-- ASSIGNMENT --
Output range, inclusive: from the line containing "-- pod again." to the line containing "m.included_namespaces ≡ r.included_namespaces". Restate those lines from the data below word for word and only those.

-- LISTED ENTRIES --
========================================================================
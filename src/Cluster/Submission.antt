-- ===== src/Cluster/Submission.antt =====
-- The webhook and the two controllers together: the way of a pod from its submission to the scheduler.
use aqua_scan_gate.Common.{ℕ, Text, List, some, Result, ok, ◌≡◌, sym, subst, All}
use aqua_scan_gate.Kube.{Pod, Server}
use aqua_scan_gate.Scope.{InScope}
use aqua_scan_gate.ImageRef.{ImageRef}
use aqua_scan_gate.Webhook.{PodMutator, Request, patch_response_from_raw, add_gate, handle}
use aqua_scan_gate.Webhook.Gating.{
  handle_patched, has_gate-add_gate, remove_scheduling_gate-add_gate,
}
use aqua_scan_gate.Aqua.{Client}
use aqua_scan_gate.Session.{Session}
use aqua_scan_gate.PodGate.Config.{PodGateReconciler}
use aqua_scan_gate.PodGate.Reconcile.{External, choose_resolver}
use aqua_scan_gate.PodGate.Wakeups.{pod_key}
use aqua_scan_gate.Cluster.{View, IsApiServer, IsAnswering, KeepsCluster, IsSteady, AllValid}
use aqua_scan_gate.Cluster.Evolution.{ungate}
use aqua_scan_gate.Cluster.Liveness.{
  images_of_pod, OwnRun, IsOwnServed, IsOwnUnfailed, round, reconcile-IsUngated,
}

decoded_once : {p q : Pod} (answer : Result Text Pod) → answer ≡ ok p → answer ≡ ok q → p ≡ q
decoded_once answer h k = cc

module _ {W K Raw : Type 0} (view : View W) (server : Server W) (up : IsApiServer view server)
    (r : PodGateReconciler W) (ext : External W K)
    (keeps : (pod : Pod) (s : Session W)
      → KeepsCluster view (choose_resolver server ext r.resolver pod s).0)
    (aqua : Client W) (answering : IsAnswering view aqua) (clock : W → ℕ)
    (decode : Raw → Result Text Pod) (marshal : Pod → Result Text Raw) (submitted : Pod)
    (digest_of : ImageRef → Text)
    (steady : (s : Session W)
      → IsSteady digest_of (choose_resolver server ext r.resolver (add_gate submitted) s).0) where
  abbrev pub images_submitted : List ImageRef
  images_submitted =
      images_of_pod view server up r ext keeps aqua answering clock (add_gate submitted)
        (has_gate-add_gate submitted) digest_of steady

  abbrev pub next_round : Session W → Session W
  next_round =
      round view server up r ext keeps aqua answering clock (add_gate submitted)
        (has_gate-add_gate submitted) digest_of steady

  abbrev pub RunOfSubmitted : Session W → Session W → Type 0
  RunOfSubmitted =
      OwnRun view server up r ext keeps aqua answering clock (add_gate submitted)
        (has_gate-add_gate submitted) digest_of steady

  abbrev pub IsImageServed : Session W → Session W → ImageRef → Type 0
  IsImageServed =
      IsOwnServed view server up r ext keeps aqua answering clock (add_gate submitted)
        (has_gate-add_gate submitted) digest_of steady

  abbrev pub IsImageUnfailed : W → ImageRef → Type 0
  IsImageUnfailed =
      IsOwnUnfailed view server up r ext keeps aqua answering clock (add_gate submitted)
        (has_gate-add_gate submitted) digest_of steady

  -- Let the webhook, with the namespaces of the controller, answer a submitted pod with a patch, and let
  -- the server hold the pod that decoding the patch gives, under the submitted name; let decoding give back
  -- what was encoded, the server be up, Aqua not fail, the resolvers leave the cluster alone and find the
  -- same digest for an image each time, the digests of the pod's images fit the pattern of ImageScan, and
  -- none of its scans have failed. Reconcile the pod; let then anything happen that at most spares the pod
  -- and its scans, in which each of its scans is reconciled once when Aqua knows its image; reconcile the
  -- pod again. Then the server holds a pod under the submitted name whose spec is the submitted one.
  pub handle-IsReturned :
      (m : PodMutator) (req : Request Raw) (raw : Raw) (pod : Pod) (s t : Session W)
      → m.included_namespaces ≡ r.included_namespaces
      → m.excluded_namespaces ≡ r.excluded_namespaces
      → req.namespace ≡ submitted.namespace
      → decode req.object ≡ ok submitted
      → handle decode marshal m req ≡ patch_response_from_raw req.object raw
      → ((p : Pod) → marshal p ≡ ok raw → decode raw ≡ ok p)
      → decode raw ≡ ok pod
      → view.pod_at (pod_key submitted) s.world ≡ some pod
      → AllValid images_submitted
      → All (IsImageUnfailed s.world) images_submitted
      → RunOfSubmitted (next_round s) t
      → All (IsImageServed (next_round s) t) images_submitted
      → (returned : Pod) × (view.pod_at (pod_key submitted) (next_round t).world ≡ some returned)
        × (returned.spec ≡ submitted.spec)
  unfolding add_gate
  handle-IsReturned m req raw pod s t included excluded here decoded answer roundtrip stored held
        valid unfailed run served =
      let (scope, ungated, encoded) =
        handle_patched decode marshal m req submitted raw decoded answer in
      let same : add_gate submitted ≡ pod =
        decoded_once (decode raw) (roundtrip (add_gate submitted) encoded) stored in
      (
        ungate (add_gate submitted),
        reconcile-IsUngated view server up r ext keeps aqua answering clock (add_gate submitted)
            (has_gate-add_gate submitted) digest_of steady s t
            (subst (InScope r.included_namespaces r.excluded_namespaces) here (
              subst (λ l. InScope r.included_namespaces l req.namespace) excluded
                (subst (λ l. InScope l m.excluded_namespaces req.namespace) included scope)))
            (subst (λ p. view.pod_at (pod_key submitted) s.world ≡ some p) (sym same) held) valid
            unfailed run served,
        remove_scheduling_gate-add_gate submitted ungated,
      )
========================================================================
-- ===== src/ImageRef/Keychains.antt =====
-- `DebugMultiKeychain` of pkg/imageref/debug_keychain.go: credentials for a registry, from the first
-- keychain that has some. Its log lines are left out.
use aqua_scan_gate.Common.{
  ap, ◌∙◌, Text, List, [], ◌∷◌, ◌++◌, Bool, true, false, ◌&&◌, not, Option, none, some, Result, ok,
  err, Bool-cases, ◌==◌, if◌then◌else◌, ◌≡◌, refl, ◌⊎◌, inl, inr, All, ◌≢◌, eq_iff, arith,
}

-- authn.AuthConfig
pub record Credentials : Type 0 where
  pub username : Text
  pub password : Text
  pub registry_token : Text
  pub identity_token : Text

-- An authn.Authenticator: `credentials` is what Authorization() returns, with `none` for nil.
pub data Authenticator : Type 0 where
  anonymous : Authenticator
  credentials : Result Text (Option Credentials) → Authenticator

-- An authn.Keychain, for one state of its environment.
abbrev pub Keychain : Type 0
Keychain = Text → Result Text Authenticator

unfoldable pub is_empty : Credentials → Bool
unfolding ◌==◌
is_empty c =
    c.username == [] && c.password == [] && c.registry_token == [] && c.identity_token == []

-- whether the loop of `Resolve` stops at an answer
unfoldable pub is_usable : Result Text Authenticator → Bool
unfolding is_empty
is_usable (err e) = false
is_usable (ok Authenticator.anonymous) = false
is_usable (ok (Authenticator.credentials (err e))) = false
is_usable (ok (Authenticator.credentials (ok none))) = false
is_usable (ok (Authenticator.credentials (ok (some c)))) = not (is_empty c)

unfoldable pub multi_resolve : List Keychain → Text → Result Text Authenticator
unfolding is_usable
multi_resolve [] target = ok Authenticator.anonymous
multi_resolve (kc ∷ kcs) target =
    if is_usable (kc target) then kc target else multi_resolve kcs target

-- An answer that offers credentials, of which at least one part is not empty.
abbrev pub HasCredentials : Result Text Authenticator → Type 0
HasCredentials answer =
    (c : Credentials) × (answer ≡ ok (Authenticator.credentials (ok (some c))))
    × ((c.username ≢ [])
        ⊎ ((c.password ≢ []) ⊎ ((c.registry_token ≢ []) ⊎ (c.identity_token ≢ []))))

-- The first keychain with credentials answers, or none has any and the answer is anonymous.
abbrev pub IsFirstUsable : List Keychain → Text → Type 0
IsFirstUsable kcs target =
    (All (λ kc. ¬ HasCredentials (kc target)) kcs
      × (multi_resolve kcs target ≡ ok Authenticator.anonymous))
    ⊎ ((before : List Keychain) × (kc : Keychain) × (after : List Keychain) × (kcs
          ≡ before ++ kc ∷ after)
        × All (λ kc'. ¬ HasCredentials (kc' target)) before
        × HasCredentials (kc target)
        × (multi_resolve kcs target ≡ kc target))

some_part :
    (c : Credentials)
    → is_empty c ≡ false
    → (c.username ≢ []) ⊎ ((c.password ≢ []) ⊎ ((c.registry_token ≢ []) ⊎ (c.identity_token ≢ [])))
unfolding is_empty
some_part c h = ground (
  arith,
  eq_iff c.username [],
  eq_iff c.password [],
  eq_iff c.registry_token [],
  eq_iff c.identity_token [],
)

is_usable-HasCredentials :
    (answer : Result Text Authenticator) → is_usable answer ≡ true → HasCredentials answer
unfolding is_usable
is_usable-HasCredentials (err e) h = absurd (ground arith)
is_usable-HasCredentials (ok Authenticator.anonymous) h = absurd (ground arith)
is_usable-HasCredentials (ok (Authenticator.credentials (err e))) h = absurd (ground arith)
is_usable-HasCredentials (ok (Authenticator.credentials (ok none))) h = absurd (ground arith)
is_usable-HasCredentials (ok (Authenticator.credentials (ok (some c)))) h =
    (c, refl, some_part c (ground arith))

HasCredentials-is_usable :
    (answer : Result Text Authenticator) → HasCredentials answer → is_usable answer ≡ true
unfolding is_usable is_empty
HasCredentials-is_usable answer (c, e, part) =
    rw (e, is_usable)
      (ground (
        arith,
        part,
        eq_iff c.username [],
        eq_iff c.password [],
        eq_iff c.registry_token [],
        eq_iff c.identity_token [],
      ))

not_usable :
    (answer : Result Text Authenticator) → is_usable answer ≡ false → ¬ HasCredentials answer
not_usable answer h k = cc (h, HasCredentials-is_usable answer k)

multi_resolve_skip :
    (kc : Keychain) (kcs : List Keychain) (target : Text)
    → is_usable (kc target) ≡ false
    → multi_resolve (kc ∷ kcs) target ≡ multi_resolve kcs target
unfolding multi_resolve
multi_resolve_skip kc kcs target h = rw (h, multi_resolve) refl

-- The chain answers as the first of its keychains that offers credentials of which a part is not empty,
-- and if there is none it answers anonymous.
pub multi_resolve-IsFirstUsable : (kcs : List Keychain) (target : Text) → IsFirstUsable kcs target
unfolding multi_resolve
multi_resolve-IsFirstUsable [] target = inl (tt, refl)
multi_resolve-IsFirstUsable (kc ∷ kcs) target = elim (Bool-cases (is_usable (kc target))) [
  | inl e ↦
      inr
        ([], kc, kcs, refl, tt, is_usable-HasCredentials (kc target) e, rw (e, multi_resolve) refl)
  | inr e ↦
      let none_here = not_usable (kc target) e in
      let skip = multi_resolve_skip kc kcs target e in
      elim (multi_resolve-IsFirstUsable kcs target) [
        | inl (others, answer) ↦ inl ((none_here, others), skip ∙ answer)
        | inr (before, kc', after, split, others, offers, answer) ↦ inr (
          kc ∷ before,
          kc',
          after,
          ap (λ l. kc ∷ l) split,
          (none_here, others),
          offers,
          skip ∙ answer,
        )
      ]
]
========================================================================
-- RESPONSE BOX --
  -- pod again. Then the server holds a pod under the submitted name whose spec is the submitted one.
  pub handle-IsReturned :
      (m : PodMutator) (req : Request Raw) (raw : Raw) (pod : Pod) (s t : Session W)
      → m.included_namespaces ≡ r.included_namespaces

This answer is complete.